The following cases are particularly relied upon to sustain, the conclusion of the General Term: Bean v. Smith (2 Mason, 252); Railroad Co. v. Soutter (13 Wall. 517); Borland v. Walker (7 Ala. 269); Thompson v. Bickford (19 Minn. 17) Allen v. Berry (50 Mo. 90); Seivers v. Dickover (101 Ind. 495); Stovall v. Farmers and Merchants’ Bank (16 Miss. 305); Kenney v. Brown (3 Ridg. P. C. 462); Backhouse’s Administrator v. Jett (1 Brock. 500); Blow v. Maynard—Lawrence v. Blow (2 Leigh [Va.] 29); Peters v. Smith (4 Rich. Eq. [S. C.] 197); Mosely v. Miller (13 Bush, 408); Van Horn v. Fonda (5 Johns. Ch. 388); King v. Wilcox (11 Paige, 589); Lore v. Dierkes (16 Abb. N. C. 47); Union National *492 Bank v. Warner (12 Hun, 806); Wood v. Hunt (38 Barb. 302); Davis v. Leopold (87 N. Y. 620).

We have carefully examined these authorities and they furnish very little, if any, countenance for the contention of the plaintiffs. They are all cases where the fraudulent grantee was asking for the active interference of some court for his protection, or for his reimbursement for improvements, for moneys paid in pursuance of the fraudulent arrangement with his grantor, or to discharge incumbrances, or to secure to him the payment of a debt due to him from the fraudulent grantor, or where he was compelled to account for profits which he had actually made, or could have made, out of the property fraudulently conveyed; and the equitable rule was enforced that “ he who hath committed iniquity shall not have equity,” which is merely another way for saying “that one who comes into a •court of equity, seeking its aid, must come with clean hands.” But in none of them was the question really involved or discussed, with which we are now dealing, with the possible exception of three cases, to which we now call attention.
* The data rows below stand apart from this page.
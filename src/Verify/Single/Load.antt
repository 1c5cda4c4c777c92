-- ===== src/Verify/Single/Load.antt =====
-- src/verify/single.rs: loading a receipt, and verifying one file against it.
use atl_cli.Prelude.{
  String, Option, [], ◌∷◌, concat, ltb, if◌then◌else◌, Result, ok, err, map_err, ◌>>=◌, ◌>>◌,
}
use atl_cli.Core.{AtlError, AtlCore, Receipt}
use atl_cli.Error.{CliError}
use atl_cli.Files.{Files}
use atl_cli.Verify.Anchor.Prose.{Rendering, offline_results}
use atl_cli.Verify.File.{Sha256, max_receipt_size, reading, hash_file, compare_hash}
use atl_cli.Verify.Policy.{AnchorPolicy}
use atl_cli.Verify.Single.{SingleVerificationResult}

-- The closure that maps an error of `Receipt::from_json`.
parse_error : AtlCore → AtlError → CliError
parse_error core (AtlError.unsupported_receipt_version version) =
    CliError.unsupported_receipt_version version core.receipt_spec_version
parse_error core (AtlError.jcs_input_constraint path reason) =
    CliError.invalid_receipt_format
      (concat ("duplicate property name at " ∷ path ∷ ": " ∷ reason ∷ " (RFC 8785 §3.1)" ∷ []))
parse_error core (AtlError.invalid_receipt_error message) = CliError.receipt_parse_error message
parse_error core (AtlError.other_error message) = CliError.receipt_parse_error message

module _ (core : AtlCore) (fs : Files) where
  unfoldable pub load_receipt : String → Result CliError Receipt
  unfolding parse_error
  load_receipt path = do
    found ← reading path (fs.try_exists path)
    (if found then ok tt else err (CliError.receipt_not_found path))
    size ← reading path (fs.metadata_len path)
    (if ltb max_receipt_size size
        then err (CliError.file_too_large path size max_receipt_size)
        else ok tt)
    contents ← reading path (fs.read_to_string path)
    map_err (parse_error core) (core.from_json contents)

  unfoldable pub verify_single :
      Sha256
      → Rendering
      → (source_path receipt_path : String) → Option core.TrustStore
      → AnchorPolicy
      → Result CliError SingleVerificationResult
  unfolding load_receipt
  verify_single sha render source_path receipt_path trust_store policy = do
    receipt ← load_receipt receipt_path
    file_hash ← hash_file fs sha source_path
    let file_hash_valid = compare_hash sha file_hash receipt.payload_hash
    core_result ← map_err CliError.verification_failed (core.verify_receipt receipt)
    let anchor_facts = core.establish_anchor_facts receipt trust_store
    let anchor_results = offline_results render receipt anchor_facts
    ok (record {
      source_path = source_path;
      receipt_path = receipt_path;
      file_hash = file_hash;
      receipt = receipt;
      file_hash_valid = file_hash_valid;
      core_result = core_result;
      anchor_results = anchor_results;
      anchor_facts = anchor_facts;
      policy = policy;
    })
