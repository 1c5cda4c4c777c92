-- ===== src/Verify/Batch/Run.antt =====
-- src/verify/batch.rs: `verify_batch`, from the two directories to the counted items.
pub mod Presence
pub mod Complete
use atl_cli.Prelude.{String, Option, map, Result, ok, ◌>>=◌}
use atl_cli.Core.{AtlCore}
use atl_cli.Error.{CliError}
use atl_cli.Files.{Files}
use atl_cli.Verify.Anchor.Prose.{Rendering}
use atl_cli.Verify.File.{Sha256}
use atl_cli.Verify.Policy.{AnchorPolicy}
use atl_cli.Verify.Single.Load.{verify_single}
use atl_cli.Verify.Consistency.{CrossServices}
use atl_cli.Verify.Batch.{BatchVerificationResult, Pair, Leftovers, collect_batch}
use atl_cli.Verify.Batch.Matching.{UnreadableEntry, FileMatching, match_files_to_receipts}

module _ (core : AtlCore) (fs : Files) (sha : Sha256) (render : Rendering)
    (trust_store : Option core.TrustStore) (policy : AnchorPolicy) where
  unfoldable pub verify_pair : String × String → Pair
  unfolding verify_single
  verify_pair (source, receipt) = record {
    source = source;
    receipt = receipt;
    outcome = verify_single core fs sha render source receipt trust_store policy;
  }

  unfoldable pub leftovers : FileMatching → Leftovers
  leftovers m = record {
    unreadable = map (λ (e : UnreadableEntry). (e.path, e.error)) m.unreadable;
    unmatched_sources = m.unmatched_sources;
    unmatched_receipts = m.unmatched_receipts;
  }

  unfoldable pub verify_batch :
      CrossServices → (source_dir receipt_dir : String) → Result CliError BatchVerificationResult
  unfolding match_files_to_receipts collect_batch verify_pair leftovers
  verify_batch cross source_dir receipt_dir = do
    m ← match_files_to_receipts fs source_dir receipt_dir
    ok (collect_batch cross (map verify_pair m.matched) (leftovers m) policy)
In Wood v. Hunt evidence was given that the fraudulent grantee of land, subsequently to the grant, paid certain debts of the grantor and purchased certain obligations against him, and it was held that the grantee, by such evidence alone, did not present a case which entitled him to demand, as a condition to the granting of relief to the creditors of the grantor by adjudging the grant void and directing a sale of the premises, and the satisfaction of a judgment-creditor from the proceeds of the sale, that any provision should be made for his indemnity for sums which he had thus voluntarily paid. The complicity of the grantee in the fraud of the grantor •deprived him of any right to relief, in respect to such payments, from a court of equity. In that case the fraudulent grantee was seeking the protection of the court for payments to creditors of the grantor, and to the grantor himself. It is true that, in a certain contingency, he was ordered to account for rents and profits. But there was no adjudication as to the principles upon which such an accounting should be had, and *493 no holding that, upon such an accounting, a fraudulent grantee should be bound to account for the gross rents and profits received without any allowance for taxes or repairs.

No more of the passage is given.